If you are taking 'relationship advice' from pickup artist videos, you are doing it wrong.

Sex is only partly in a woman pants. Most of it is in her head. It is *certainly* in her head as the relationship gets into long term territory. Get in her head, and she will get in YOUR pants. You simply cannot guage her ongoing desire for you simply by the fact that she got wet and had a big O (maybe) last time you had sex. It doesnt work that way.

_*"...you cant fight your body"*_

Yes, you can.. and it isnt even a fight. So she cums. Big deal. I bet she O's harder with her vibrator. However, she needs a reason to get fired up routinely - and that isnt necessarily physicality.

_*'...maybe she has trust issues...'*_

OK... shrug. Lets go with it. Why would you say that?


----------



## EnjoliWoman (Jul 2, 2012)

Maybe she picks up on your need for sex vs. intimacy.


----------



## jaquen (Mar 1, 2012)

I love chocolate cake, but I damn sure don't want it every single day.

It's absurd to suggest that every woman, or hell every man, will want sex frequently just because they enjoy it. Some people have lower drives, for whatever reason, and their lack of desire for frequent sex has nothing to do with the quality.

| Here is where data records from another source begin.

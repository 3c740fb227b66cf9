-- ===== src/Store/Tenants.antt =====
-- The queries on tenants of internal/store/queries.go. The table has no row-level security.
use open_blog.Base.{
  ℕ, ◌+◌, ◌^◌, ◌==◌, nat_eq, text_eq_instance, Bool, Option, none, some, [], ◌∷◌, if◌then◌else◌,
  find, update_where, Text, ltb,
}
use open_blog.Store.Errors.{Error, ok, err}
use open_blog.Store.Rows.{Tenant}
use open_blog.Store.Tx.{Read, Tx, row}

abbrev pub is_tenant : ℕ → Tenant → Bool
is_tenant id t = t.id == id

unfoldable pub get_tenant : ℕ → Read Tenant
get_tenant id db = row (find (is_tenant id) db.tenants)

abbrev pub bumped : (now : ℕ) → Tenant → Tenant
bumped now t = record t { content_version = t.content_version + 1; updated_at = now }

-- One more than a `bigint` holds.
abbrev pub bigint_limit : ℕ
bigint_limit = 2 ^ 63

abbrev pub bump_at : (now id : ℕ) → (Tenant → Tenant) → Option Tenant → Tx Tenant
bump_at now id f none db = err Error.no_rows
bump_at now id f (some t) db =
    if ltb (t.content_version + 1) bigint_limit
    then ok (f t, record db { tenants = update_where (is_tenant id) f db.tenants })
    else err Error.numeric_out_of_range

unfoldable pub bump_content_version : (now id : ℕ) → Tx Tenant
bump_content_version now id db = bump_at now id (bumped now) (find (is_tenant id) db.tenants) db

abbrev pub or_old : Text → Text → Text
or_old [] old = old
or_old (c ∷ s) old = c ∷ s

-- An empty name and absent settings keep what is stored; the version is bumped in any case.
abbrev pub resettled : (now : ℕ) → Text → Text → Tenant → Tenant
resettled now name settings t = record t {
  name = or_old name t.name;
  settings = or_old settings t.settings;
  content_version = t.content_version + 1;
  updated_at = now;
}

unfoldable pub update_tenant : (now id : ℕ) → (name settings : Text) → Tx Tenant
update_tenant now id name settings db =
    bump_at now id (resettled now name settings) (find (is_tenant id) db.tenants) db
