-- ===== src/Render/Urls.antt =====
-- The tests on the URLs of links and images.
use open_blog.Base.{
  Bool, true, false, not, ◌&&◌, ◌||◌, ◌==◌, text_eq_instance, if◌then◌else◌, Option, none, some,
  List, any, Text, codes, to_lower, trim_space, has_prefix,
}
use open_blog.Render.Html.{Url, External}

module _ (ext : External) where
  open ext use {parse_url, lower_table}

  abbrev pub lower : Text → Text
  lower s = to_lower lower_table s

  abbrev pub is_trimmed : Text → Bool
  is_trimmed u = not (u == codes "") && trim_space u == u

  abbrev pub link_scheme_ok : Text → Option Url → Bool
  link_scheme_ok u none = false
  link_scheme_ok u (some p) =
      let scheme : Text = lower p.scheme in
      if scheme == codes "http" || scheme == codes "https" || scheme == codes "mailto"
      then true
      else scheme == codes "" && (p.host == codes "" && not (has_prefix (codes "//") u))

  unfoldable pub safe_link_url : Text → Bool
  safe_link_url u = is_trimmed u && link_scheme_ok u (parse_url u)

  abbrev pub image_scheme_ok : Option Url → Bool
  image_scheme_ok none = false
  image_scheme_ok (some p) =
      let scheme : Text = lower p.scheme in
      (scheme == codes "http" || scheme == codes "https") && not (p.host == codes "")

  unfoldable pub safe_image_url : Text → Bool
  safe_image_url u = is_trimmed u && image_scheme_ok (parse_url u)

  abbrev pub host_listed : List Text → Option Url → Bool
  host_listed hosts none = false
  host_listed hosts (some p) = any (λ h. lower p.host == lower h) hosts

  -- No list (nil) means that any host is allowed.
  unfoldable pub image_host_allowed : Text → Option (List Text) → Bool
  image_host_allowed u none = true
  image_host_allowed u (some hosts) = host_listed hosts (parse_url u)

Is that the case for some? Sure, of course. Who wants to have a ton of mediocre to bad sex? But don't fall into the delusion that this is the case for every single person.


----------



## Tall Average Guy (Jul 26, 2011)

I'mAllIn said:


> I think a common problem with some wives, even if their husbands are amazing lovers, is that they take their husbands (and the sex) for granted. Sure the sex is amazing, but they're tired and the kids need them and the floor needs swept and the dishes washed and the sex will be just as good tomorrow, so they put the husband off for tonight, and the same tomorrow, and the next night. If a wife (or husband for that matter) isn't all that high drive it's all too easy to put "forget" how good it was and put sex off for another time.


This in a nutshell is probably one of the biggest problems in a marriage (I know it was in mine) and it goes beyond just sex. Everyone is pulling both you and your spouse everywhich way and demanding your time and effort. Your spouse, because they love you, should understand when you put them last, and they mostly do in the short term. The problems occur when it becomes a habit. You have to work at making your spouse a priority at times.


----------



## indiecat (Sep 24, 2012)

Some people just enjoy it even more if they space it out, it builds the anticipation. It might be as simple as that. 

Like jaquen said, you can love chocolate cake, but to eat it EVERY day, no.


----------



## PHTlump (Jun 2, 2010)

needguidance said:


> I cant remember what his explanation was but he said a woman would never withhold or reject sex from a man when its good/great. My question is why would a wife still do that if it is good/great/excellent/whatever else positive outcome you can put on it?


The answer is ... lots of reasons. Maybe the wife resents the husband. A wife's resentments can be substantial, or trivial. But they are often present. And when they are, they will inhibit her libido. Maybe she's just bored.



needguidance said:


> I just dont understand the lack of frequency, may be she still has trust issues, I dont know. I need someone elses opinion on this. Needs are being met, hell they are being exceeded (lately I provide a 2-for-1. She gets off twice before I get off once).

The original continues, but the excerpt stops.